Problem statement - Would you find each line in the entries below with the string "both" and copy it?

Extracted records -
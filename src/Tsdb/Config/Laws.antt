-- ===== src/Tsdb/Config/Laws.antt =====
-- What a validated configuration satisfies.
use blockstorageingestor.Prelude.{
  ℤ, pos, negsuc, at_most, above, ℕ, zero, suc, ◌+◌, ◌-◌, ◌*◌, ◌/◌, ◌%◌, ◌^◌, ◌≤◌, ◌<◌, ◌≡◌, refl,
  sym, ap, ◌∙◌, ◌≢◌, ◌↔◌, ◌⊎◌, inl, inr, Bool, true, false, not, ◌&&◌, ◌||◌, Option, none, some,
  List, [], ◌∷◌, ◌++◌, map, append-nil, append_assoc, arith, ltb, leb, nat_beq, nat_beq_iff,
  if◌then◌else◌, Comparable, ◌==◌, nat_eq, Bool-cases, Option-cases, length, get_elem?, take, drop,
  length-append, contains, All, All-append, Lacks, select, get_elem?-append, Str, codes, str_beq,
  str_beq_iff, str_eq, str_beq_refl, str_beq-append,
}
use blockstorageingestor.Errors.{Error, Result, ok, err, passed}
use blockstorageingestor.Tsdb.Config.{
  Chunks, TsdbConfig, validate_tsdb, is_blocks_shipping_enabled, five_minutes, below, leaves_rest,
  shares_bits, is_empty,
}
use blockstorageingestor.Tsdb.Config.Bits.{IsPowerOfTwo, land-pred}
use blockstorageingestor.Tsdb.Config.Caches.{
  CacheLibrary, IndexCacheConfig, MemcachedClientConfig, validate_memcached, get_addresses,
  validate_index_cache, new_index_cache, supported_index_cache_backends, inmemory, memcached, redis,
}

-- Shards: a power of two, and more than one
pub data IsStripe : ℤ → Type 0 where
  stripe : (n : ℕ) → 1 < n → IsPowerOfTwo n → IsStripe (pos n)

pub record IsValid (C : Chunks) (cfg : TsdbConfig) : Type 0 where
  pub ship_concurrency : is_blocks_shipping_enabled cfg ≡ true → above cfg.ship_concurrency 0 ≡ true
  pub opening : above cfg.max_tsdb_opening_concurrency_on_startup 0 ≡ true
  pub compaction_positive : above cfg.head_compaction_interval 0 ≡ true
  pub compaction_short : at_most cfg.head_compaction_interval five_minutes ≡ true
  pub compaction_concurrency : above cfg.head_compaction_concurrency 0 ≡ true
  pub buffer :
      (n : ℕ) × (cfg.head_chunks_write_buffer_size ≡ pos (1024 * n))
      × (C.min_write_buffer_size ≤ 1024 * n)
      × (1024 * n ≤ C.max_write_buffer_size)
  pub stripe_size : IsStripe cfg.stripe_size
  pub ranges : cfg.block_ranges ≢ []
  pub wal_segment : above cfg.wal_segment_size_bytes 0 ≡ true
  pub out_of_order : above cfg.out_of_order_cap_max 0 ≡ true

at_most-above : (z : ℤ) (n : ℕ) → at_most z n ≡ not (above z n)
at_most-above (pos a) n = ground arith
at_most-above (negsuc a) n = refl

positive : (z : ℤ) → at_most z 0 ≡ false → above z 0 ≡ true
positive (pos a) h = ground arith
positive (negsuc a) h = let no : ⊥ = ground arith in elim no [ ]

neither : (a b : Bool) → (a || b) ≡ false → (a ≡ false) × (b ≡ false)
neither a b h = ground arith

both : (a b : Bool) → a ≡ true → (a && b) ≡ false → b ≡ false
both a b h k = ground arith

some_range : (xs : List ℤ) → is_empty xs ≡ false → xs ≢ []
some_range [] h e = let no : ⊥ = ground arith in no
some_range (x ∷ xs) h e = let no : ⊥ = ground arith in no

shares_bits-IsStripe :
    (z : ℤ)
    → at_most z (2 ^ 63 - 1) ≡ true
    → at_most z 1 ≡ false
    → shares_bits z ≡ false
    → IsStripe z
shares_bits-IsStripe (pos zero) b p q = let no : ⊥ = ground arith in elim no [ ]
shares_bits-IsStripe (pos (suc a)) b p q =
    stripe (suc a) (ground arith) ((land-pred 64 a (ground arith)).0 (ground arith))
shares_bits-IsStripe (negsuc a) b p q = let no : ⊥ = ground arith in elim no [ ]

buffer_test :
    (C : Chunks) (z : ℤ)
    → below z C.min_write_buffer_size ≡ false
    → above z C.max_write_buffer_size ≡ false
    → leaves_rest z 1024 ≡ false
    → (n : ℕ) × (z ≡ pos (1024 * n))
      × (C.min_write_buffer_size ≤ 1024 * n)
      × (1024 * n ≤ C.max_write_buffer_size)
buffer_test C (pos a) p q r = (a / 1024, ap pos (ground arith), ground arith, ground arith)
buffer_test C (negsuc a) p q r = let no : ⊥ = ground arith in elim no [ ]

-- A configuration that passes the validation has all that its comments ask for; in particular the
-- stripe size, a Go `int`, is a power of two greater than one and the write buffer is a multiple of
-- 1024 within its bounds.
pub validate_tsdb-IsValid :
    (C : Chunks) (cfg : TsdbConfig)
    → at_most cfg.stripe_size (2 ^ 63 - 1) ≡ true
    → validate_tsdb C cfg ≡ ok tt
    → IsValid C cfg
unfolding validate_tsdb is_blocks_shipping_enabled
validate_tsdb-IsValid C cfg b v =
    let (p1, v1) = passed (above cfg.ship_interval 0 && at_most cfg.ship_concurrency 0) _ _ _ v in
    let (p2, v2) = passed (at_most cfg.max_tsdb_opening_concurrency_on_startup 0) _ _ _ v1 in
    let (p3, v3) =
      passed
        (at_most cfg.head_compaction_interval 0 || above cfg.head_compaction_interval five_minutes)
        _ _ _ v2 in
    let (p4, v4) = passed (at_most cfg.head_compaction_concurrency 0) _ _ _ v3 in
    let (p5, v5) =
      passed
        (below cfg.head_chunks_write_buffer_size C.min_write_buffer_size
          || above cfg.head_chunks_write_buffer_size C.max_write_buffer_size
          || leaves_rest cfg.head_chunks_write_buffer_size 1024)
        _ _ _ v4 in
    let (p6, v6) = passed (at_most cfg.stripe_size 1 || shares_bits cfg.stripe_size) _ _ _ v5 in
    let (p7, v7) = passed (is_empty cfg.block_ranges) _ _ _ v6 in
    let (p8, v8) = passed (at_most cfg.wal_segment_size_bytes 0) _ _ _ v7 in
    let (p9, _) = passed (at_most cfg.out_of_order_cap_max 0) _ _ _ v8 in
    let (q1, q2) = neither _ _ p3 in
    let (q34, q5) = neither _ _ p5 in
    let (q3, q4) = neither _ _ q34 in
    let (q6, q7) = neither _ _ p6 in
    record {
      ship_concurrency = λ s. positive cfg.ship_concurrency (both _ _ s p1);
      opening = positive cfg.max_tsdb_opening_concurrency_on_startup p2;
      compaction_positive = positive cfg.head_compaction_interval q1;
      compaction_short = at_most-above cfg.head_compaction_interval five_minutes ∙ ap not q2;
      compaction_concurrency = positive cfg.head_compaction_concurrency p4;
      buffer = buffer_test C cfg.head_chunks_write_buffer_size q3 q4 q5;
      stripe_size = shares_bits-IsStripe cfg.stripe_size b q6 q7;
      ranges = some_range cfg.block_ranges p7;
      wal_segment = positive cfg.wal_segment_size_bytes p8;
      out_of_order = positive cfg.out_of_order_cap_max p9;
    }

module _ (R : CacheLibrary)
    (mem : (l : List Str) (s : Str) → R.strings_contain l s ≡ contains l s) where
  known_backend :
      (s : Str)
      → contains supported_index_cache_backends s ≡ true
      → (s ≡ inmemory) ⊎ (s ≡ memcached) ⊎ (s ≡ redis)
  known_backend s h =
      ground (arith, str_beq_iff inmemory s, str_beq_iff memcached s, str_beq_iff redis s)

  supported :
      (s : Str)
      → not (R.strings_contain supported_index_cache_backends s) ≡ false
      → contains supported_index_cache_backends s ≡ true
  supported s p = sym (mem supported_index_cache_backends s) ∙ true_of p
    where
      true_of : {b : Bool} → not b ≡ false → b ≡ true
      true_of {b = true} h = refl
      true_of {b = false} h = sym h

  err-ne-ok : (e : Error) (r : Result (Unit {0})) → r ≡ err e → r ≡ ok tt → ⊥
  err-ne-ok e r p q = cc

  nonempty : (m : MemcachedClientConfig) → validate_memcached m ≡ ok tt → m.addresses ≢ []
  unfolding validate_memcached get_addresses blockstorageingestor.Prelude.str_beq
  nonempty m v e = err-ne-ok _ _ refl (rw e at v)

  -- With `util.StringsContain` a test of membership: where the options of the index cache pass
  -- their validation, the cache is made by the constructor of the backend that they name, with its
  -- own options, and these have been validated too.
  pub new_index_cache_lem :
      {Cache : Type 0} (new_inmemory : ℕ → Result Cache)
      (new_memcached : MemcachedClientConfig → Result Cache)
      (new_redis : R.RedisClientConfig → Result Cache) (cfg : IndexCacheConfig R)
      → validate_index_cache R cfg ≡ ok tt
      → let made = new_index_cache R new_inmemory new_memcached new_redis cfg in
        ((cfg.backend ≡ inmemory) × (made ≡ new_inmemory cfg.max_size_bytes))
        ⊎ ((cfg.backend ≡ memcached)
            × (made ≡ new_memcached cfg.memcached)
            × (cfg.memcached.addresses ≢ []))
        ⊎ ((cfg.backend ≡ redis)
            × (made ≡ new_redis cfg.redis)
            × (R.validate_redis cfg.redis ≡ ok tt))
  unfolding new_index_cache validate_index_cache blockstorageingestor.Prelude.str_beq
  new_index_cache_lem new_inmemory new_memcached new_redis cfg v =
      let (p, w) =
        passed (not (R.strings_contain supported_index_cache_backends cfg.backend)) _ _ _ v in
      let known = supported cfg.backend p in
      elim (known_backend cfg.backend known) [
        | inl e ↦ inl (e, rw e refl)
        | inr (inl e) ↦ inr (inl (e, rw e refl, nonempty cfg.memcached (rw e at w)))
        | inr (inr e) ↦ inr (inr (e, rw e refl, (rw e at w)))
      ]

Solution to this exercise -
both : (a b : Bool) → a ≡ true → (a && b) ≡ false → b ≡ false
both a b h k = ground arith
      ship_concurrency = λ s. positive cfg.ship_concurrency (both _ _ s p1);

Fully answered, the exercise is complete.